▶ **ASSIGNMENT**: Your answer should consist of every line from the records that holds the string "where".

▶ **RECORDS PROVIDED**:
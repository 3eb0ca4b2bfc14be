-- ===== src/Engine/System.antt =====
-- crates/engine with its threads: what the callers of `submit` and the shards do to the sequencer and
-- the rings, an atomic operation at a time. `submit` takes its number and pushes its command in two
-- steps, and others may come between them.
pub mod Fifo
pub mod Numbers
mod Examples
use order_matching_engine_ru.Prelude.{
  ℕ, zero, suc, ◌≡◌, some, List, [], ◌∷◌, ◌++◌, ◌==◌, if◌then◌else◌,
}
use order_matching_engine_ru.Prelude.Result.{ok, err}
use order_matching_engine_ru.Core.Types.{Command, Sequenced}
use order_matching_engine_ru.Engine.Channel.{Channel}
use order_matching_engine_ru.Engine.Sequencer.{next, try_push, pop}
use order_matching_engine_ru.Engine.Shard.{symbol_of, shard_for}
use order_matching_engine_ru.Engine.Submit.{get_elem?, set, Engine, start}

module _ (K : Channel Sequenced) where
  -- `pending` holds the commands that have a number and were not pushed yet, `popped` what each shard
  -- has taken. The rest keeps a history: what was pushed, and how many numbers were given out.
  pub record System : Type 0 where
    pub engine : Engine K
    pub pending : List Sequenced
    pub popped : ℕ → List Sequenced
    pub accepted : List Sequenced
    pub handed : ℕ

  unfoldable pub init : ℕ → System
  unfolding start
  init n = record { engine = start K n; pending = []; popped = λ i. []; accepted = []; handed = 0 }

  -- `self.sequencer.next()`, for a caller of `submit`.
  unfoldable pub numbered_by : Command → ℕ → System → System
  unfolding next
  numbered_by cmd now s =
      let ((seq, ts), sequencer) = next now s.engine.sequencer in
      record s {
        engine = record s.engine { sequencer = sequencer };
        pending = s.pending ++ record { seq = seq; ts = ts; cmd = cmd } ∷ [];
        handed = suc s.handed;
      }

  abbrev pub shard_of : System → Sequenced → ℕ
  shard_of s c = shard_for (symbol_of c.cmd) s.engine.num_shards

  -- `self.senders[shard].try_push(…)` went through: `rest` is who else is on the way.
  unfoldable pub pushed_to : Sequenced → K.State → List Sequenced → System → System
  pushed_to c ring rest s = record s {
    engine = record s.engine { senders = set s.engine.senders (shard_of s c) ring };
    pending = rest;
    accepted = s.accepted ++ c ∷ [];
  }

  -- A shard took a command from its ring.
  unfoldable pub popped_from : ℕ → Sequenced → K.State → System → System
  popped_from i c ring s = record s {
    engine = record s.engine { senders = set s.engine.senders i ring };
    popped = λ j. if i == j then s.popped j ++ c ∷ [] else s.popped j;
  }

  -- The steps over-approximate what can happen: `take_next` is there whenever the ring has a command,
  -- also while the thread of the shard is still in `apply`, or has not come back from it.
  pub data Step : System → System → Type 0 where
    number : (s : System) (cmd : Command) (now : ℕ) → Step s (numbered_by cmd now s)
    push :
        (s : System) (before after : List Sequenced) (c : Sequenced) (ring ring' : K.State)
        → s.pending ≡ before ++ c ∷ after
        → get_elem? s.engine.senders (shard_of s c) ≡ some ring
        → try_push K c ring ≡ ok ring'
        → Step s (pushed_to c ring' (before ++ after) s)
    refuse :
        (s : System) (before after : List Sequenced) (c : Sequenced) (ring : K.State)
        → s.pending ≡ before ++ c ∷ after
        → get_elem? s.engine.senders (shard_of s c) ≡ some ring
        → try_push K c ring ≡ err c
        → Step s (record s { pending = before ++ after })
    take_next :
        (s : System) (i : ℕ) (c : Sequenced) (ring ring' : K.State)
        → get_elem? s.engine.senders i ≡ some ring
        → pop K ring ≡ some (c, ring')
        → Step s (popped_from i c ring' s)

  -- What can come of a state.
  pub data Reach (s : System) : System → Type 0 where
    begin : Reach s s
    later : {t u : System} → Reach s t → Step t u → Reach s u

* * *

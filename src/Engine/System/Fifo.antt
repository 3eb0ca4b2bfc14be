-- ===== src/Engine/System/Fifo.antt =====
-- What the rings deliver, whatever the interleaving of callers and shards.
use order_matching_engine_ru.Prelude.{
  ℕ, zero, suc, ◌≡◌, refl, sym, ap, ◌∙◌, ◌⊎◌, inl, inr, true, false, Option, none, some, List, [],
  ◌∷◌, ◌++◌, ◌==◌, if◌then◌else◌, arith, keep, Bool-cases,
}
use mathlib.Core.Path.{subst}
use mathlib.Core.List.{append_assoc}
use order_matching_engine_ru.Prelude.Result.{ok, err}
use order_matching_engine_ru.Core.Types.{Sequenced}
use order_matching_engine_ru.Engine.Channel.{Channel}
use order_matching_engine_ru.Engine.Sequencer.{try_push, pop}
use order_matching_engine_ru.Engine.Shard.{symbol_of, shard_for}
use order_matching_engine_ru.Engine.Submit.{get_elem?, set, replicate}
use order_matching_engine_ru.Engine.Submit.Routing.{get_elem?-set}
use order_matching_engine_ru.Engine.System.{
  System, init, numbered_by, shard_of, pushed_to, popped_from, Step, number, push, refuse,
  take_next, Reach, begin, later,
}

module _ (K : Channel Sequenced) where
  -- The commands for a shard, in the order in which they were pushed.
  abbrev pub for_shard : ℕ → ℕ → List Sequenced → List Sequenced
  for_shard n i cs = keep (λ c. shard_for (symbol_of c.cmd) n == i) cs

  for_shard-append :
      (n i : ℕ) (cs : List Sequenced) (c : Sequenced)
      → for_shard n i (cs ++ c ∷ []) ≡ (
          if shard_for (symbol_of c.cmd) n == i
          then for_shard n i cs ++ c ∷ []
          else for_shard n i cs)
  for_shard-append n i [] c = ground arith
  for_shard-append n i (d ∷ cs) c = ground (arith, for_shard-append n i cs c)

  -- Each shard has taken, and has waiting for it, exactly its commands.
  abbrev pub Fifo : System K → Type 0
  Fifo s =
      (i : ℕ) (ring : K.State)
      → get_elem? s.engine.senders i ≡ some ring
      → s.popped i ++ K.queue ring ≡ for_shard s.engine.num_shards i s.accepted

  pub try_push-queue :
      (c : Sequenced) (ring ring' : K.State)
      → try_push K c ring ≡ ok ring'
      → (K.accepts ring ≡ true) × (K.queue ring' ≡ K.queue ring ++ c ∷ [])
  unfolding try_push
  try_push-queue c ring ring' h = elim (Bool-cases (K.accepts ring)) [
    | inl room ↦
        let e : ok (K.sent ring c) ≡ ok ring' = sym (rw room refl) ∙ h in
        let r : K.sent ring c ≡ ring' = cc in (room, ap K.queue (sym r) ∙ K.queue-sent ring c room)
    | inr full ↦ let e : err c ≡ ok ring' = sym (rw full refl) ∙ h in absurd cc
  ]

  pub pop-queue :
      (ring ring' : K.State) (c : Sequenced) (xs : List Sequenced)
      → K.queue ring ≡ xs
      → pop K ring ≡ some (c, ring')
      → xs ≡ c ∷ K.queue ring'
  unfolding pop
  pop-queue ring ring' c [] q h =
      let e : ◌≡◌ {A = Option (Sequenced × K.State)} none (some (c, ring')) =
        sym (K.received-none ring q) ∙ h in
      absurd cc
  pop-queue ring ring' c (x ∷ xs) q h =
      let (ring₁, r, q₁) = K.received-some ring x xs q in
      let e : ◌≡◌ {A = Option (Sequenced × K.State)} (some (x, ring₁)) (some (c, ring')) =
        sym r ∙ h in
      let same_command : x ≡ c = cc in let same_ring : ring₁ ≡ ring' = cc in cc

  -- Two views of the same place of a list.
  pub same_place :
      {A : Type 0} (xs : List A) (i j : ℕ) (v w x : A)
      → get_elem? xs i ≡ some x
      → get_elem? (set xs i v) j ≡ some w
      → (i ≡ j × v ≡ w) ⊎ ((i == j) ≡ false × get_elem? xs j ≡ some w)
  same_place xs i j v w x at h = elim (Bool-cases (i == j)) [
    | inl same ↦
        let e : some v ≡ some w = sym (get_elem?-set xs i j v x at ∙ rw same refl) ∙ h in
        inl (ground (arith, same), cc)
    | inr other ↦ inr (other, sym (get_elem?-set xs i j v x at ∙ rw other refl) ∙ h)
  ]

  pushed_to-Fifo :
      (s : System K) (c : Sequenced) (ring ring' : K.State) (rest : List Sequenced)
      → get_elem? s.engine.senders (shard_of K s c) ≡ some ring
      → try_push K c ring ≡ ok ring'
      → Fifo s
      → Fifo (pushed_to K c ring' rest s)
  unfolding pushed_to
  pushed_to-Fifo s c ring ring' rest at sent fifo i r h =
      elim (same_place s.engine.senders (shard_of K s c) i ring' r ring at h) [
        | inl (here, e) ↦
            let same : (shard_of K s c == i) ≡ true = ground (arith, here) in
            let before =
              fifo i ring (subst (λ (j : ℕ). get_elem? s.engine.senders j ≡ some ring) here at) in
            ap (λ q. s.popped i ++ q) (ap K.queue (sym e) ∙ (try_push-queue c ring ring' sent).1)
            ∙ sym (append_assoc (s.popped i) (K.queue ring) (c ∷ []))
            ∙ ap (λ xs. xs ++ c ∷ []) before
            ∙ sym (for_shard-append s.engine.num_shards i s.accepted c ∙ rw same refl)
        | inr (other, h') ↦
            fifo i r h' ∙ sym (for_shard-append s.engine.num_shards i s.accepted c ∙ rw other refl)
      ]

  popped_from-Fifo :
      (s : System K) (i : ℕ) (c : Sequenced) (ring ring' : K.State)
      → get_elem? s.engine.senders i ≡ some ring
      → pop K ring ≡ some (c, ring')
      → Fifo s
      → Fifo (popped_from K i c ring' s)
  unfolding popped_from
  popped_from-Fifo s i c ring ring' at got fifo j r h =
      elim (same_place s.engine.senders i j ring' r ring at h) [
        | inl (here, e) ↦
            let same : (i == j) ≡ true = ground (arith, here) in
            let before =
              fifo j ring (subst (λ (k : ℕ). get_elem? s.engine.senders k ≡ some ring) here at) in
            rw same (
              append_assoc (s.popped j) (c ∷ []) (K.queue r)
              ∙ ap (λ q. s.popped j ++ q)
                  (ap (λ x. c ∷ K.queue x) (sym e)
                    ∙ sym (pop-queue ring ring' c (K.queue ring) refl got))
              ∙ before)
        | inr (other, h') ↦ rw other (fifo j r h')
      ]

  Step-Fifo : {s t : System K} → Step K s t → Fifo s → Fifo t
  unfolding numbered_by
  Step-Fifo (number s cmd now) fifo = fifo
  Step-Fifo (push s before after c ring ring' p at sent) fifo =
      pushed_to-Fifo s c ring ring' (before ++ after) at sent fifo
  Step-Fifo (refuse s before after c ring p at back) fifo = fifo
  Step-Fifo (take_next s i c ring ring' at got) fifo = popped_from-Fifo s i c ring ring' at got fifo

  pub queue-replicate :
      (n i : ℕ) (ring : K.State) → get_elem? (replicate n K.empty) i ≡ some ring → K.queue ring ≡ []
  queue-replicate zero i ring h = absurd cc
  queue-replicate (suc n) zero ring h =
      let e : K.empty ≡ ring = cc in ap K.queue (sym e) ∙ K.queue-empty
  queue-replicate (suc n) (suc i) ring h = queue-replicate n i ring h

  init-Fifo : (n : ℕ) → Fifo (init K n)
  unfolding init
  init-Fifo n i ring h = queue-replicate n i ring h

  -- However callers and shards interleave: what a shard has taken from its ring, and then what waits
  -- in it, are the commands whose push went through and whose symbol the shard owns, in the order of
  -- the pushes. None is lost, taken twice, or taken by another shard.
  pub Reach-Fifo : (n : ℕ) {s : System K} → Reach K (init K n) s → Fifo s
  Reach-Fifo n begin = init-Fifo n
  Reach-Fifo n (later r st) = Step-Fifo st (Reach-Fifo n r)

▶ **ANSWER BOX**:
module _ (K : Channel Sequenced) where
  pub record System : Type 0 where
  pub data Step : System → System → Type 0 where
  pub data Reach (s : System) : System → Type 0 where
module _ (K : Channel Sequenced) where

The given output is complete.